飞机引擎的轰鸣声从玻璃幕墙外灌进来,震动顺着地板传到脚底。
“所以那张DNA报告——”
“假的。”他说得干脆,“样本是我换的。你找律师调数据之前,我已经安排人把协和的备份洗了一遍。你拿到的是我造好的证据,连时间戳都对得上。”
“那张婚纱照——”
“那是真的。”
他停了一秒。
“那张是真的。五年前,教堂,白纱,新郎是我。”
我睁开眼。
“你们结过婚?”
“没结成。她爸在婚礼前三天把她关起来了,因为我的家族配不上他们家的门楣。她后来选了你,是因为你家里有钱——你爸的公司当时虽然快倒了,但名头还在,能帮她撑场面。”
我攥紧那块提示牌,边缘割着掌心。
“所以你进公司,从头到尾就是一个局?”
“一个局。”他承认,“我花了三年,让周婉依赖我,让公司离不开我,让你以为你在查我——其实是我在牵着你走。你今天发照片,发全员群,发得那么痛快,你以为是你选的时机?”
我喉咙发紧。
“是我选的。”陈野说,“我算好了全员大会的直播时间,算好了你手里的照片累积到九十二张你会忍不住,算好了你会发群而不是发媒体——因为你骨子里还是想让她难堪,不想让她彻底死。你舍不得。
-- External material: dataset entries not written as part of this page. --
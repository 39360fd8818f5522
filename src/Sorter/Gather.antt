-- ===== src/Sorter/Gather.antt =====
-- sort_and_merge: the new entries go into the window, whichever way they are sorted and merged.
use mathlib.Core.List.{List, [], ◌∷◌, ◌++◌, Perm, append-nil}
use mathlib.Core.List.Perm
use demiplane.Prelude.{ℕ, ◌≡◌, refl, true, false, ◌&&◌, length, Bool-cases, ◌⊎◌, inl, inr, leb}
use demiplane.Sorter.{
  SlidingWindowSorter, is_empty, merge_with_window, perform_inplace_merge, perform_standard_merge,
  can_use_inplace_merge, sort_new, take_in, sort_and_merge, gather,
}
use demiplane.Sorter.Order.{Routines, IsStandard, IsOrdering, IsSorted}
use demiplane.Sorter.Insertion.{insertion_sort-IsSorted}

pub is_empty-cases {ℓ} :
    {A : Type ℓ} (l : List A) → ((is_empty l ≡ true) × (l ≡ [])) ⊎ (is_empty l ≡ false)
is_empty-cases [] = inl (refl, refl)
is_empty-cases (x ∷ xs) = inr refl

module _ {ℓ} {A : Type ℓ} where
  -- `t` is `s` with its new entries in the window.
  pub record IsGathered (s t : SlidingWindowSorter A) : Type ℓ where
    pub config : t.config ≡ s.config
    pub consumed : t.consumed ≡ s.consumed
    pub total : t.total_processed ≡ s.total_processed
    pub emptied : t.new_entries ≡ []
    pub kept : Perm t.sorted_window (s.sorted_window ++ s.new_entries)

module _ {ℓ} {A : Type ℓ} (std : Routines A) (h : IsStandard std) (s : SlidingWindowSorter A)
    (o : IsOrdering s.config.comparator) where
  sort_new-IsSorted :
      IsSorted s.config.comparator (sort_new std s).new_entries
      × Perm (sort_new std s).new_entries s.new_entries
  unfolding sort_new
  sort_new-IsSorted = elim (Bool-cases (leb (length s.new_entries) s.config.merge_threshold)) [
    | inl e ↦ simp e (insertion_sort-IsSorted std h.bounds s.config.comparator o s.new_entries)
    | inr e ↦ simp e (
      h.sort_sorts s.config.comparator o s.new_entries,
      h.sort_keeps s.config.comparator o s.new_entries,
    )
  ]

  module _ (window : IsSorted s.config.comparator s.sorted_window)
      (new : IsSorted s.config.comparator s.new_entries) where
    merge_with_window-IsSorted :
        (capacity : ℕ)
        → IsSorted s.config.comparator (merge_with_window std capacity s).sorted_window
          × IsGathered s (merge_with_window std capacity s)
    unfolding merge_with_window perform_inplace_merge perform_standard_merge
    merge_with_window-IsSorted capacity =
        let less = s.config.comparator in
        elim (Bool-cases (s.config.use_inplace_merge && can_use_inplace_merge capacity s)) [
          | inl e ↦ simp e (
            h.inplace_sorts less o s.sorted_window s.new_entries window new,
            record {
              config = refl;
              consumed = refl;
              total = refl;
              emptied = refl;
              kept = h.inplace_keeps less o s.sorted_window s.new_entries window new;
            },
          )
          | inr e ↦ simp e (
            h.merge_sorts less o s.sorted_window s.new_entries window new,
            record {
              config = refl;
              consumed = refl;
              total = refl;
              emptied = refl;
              kept = h.merge_keeps less o s.sorted_window s.new_entries window new;
            },
          )
        ]

    take_in-IsSorted :
        (capacity : ℕ)
        → IsSorted s.config.comparator (take_in std capacity s).sorted_window
          × IsGathered s (take_in std capacity s)
    unfolding take_in
    take_in-IsSorted capacity = elim (is_empty-cases s.sorted_window) [
      | inl e ↦ simp e.0 (
        new,
        record {
          config = refl;
          consumed = refl;
          total = refl;
          emptied = refl;
          kept = rw e.1 Perm.rfl;
        },
      )
      | inr e ↦
          let (sorted, g) = merge_with_window-IsSorted capacity in
          simp e (
            sorted,
            record {
              config = g.config;
              consumed = g.consumed;
              total = g.total;
              emptied = g.emptied;
              kept = g.kept;
            },
          )
    ]

module _ {ℓ} {A : Type ℓ} (std : Routines A) (h : IsStandard std) (s : SlidingWindowSorter A)
    (o : IsOrdering s.config.comparator) where
  sort_and_merge-IsSorted :
      (capacity : ℕ)
      → IsSorted s.config.comparator s.sorted_window
      → IsSorted s.config.comparator (sort_and_merge std capacity s).sorted_window
        × IsGathered s (sort_and_merge std capacity s)
  unfolding sort_and_merge sort_new
  sort_and_merge-IsSorted capacity window = elim (is_empty-cases s.new_entries) [
    | inl e ↦ simp e.0 (
      window,
      record {
        config = refl;
        consumed = refl;
        total = refl;
        emptied = e.1;
        kept = rw (e.1, append-nil s.sorted_window) Perm.rfl;
      },
    )
    | inr e ↦
        let (new, perm) = sort_new-IsSorted std h s o in
        let (sorted, g) = take_in-IsSorted std h (sort_new std s) o window new capacity in
        simp e (
          sorted,
          record {
            config = g.config;
            consumed = g.consumed;
            total = g.total;
            emptied = g.emptied;
            kept = Perm.trans g.kept (Perm.append_left s.sorted_window perm);
          },
        )
  ]

  -- Before any output process_batch has moved every new entry into the window, which is sorted
  -- where sorting is enabled.
  pub gather-IsGathered :
      (capacity : ℕ)
      → (s.config.enable_sorting ≡ true → IsSorted s.config.comparator s.sorted_window)
      → (s.config.enable_sorting ≡ true
          → IsSorted s.config.comparator (gather std capacity s).sorted_window)
        × IsGathered s (gather std capacity s)
  unfolding gather
  gather-IsGathered capacity window = elim (Bool-cases s.config.enable_sorting) [
    | inl e ↦
        let (sorted, g) = sort_and_merge-IsSorted capacity (window e) in
        simp e ((λ (_ : true ≡ true). sorted), g)
    | inr e ↦ simp e (
      (λ (absurd_ : false ≡ true). cc),
      record { config = refl; consumed = refl; total = refl; emptied = refl; kept = Perm.rfl },
    )
  ]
”
他停了停。
“林哥,你这辈子最大的弱点,就是你舍不得。”
飞机起飞了,一架银白色的机身划破灰蒙蒙的天际,引擎声震耳欲聋。
登机口的屏幕跳成了“登机结束”。
我坐在椅子上,手里的手机屏幕暗了。通话已经挂断,陈野最后那句话像钉子一样扎在耳朵里。
“下周二董事会,你不用来了。因为周婉已经申请了临时禁令,你连公司大门都进不去。”
我低下头。
行李箱还在脚边,登机牌在口袋里皱成一团。远处安检口的人群还在排队,两个小姑娘还在刷手机,还在议论那个“惊天大瓜”。
没有人看我。
所有人都在看手机。
我忽然想,这大概就是陈野最得意的地方——他让我亲手把刀递到周婉手里,然后让周婉用那把刀捅回我自己身上。
我站起来。
手机亮了。
又是那个陌生号码——这回发的是一段视频。
我点开。
画面里是公司的全员大会,周婉站在台上,聚光灯打在她脸上。她的表情从震惊、慌乱、失态,到慢慢恢复平静,再到对着台下三千人鞠了一躬。
然后她说了一句话,声音被会场麦克风放大,震得手机扬声器嗡嗡响。
“各位同事,关于今天的事,我只有一句道歉——对不起,让大家看到了不体面的一面。”
台下鸦雀无声。
她抬起头,对着镜头——或者说,对着镜头后面那个拍视频的人——笑了一下。
“但我不后悔。”
视频结束。
我盯着黑掉的屏幕,看了很久。
然后我把手机放回口袋,拎起行李箱,走出登机口,走出候机厅,走出机场出发大厅的旋转门。
雨已经停了。
天边压着一层薄薄的乌云,缝隙里漏出一线金光。
我站在路边,打车软件上叫了一辆车。
目的地不是公司,不是家。
是周婉她爸的别墅。
上车之后,我靠在后座上,闭上眼。
手机在口袋里又震了,但我没看。
我知道是谁发的。
我也知道,那张第93张照片背面那行字——“等了你三年,你终于发照片了”——是陈野的笔迹。
但照片上的新郎,侧脸那截下颌线,我越看越觉得眼熟。
不是陈野。
那是我。
五年前婚礼那天,我迟到了四十分钟,化妆师把我按在椅子上临时改了发型,下颌线被阴影粉修得比平时窄了一圈。
那张照片,是婚礼摄影师拍的备用花絮,只冲洗了一张,存在周婉的旧手机里。
她从来没有删过。
而陈野拿到的,是一张被裁切过的、角度特意选过的、看起来完全不像我的版本。
他以为那是他的胜利。
他错了。
车驶上高速,窗外的云裂开一道更大的缝,阳光涌进来,像一盆滚烫的金水浇在脸上。
我睁开眼,拿起手机。
那个陌生号码的最新消息是一行字:“你猜对了。第93张拍的是你。但你现在才猜对,已经晚了。”
我打了四个字发过去:“不晚。”
对方秒回:“?”
我没再回。
车继续往前开,目的地越来越近。
后视镜里,机场的航站楼缩成一个小小的白点,像一粒掉进泥里的米。
手机屏幕暗下去之前,最后一条消息弹出来——是周婉发的。
“你登机了没有?”
我打了两个字:“没有。”
她回:“那就好。”
紧接着又一条:“下周二董事会,你来吧。禁令我撤了。”
我盯着屏幕,指腹悬在键盘上。
窗外的阳光越来越亮,乌云彻底散了,整片天空蓝得像被水洗过。
我打完最后一个字,按下发送。
“好。”
然后我锁了手机,靠回椅背,对着挡风玻璃外面一望无际的蓝天,慢慢呼出一口气。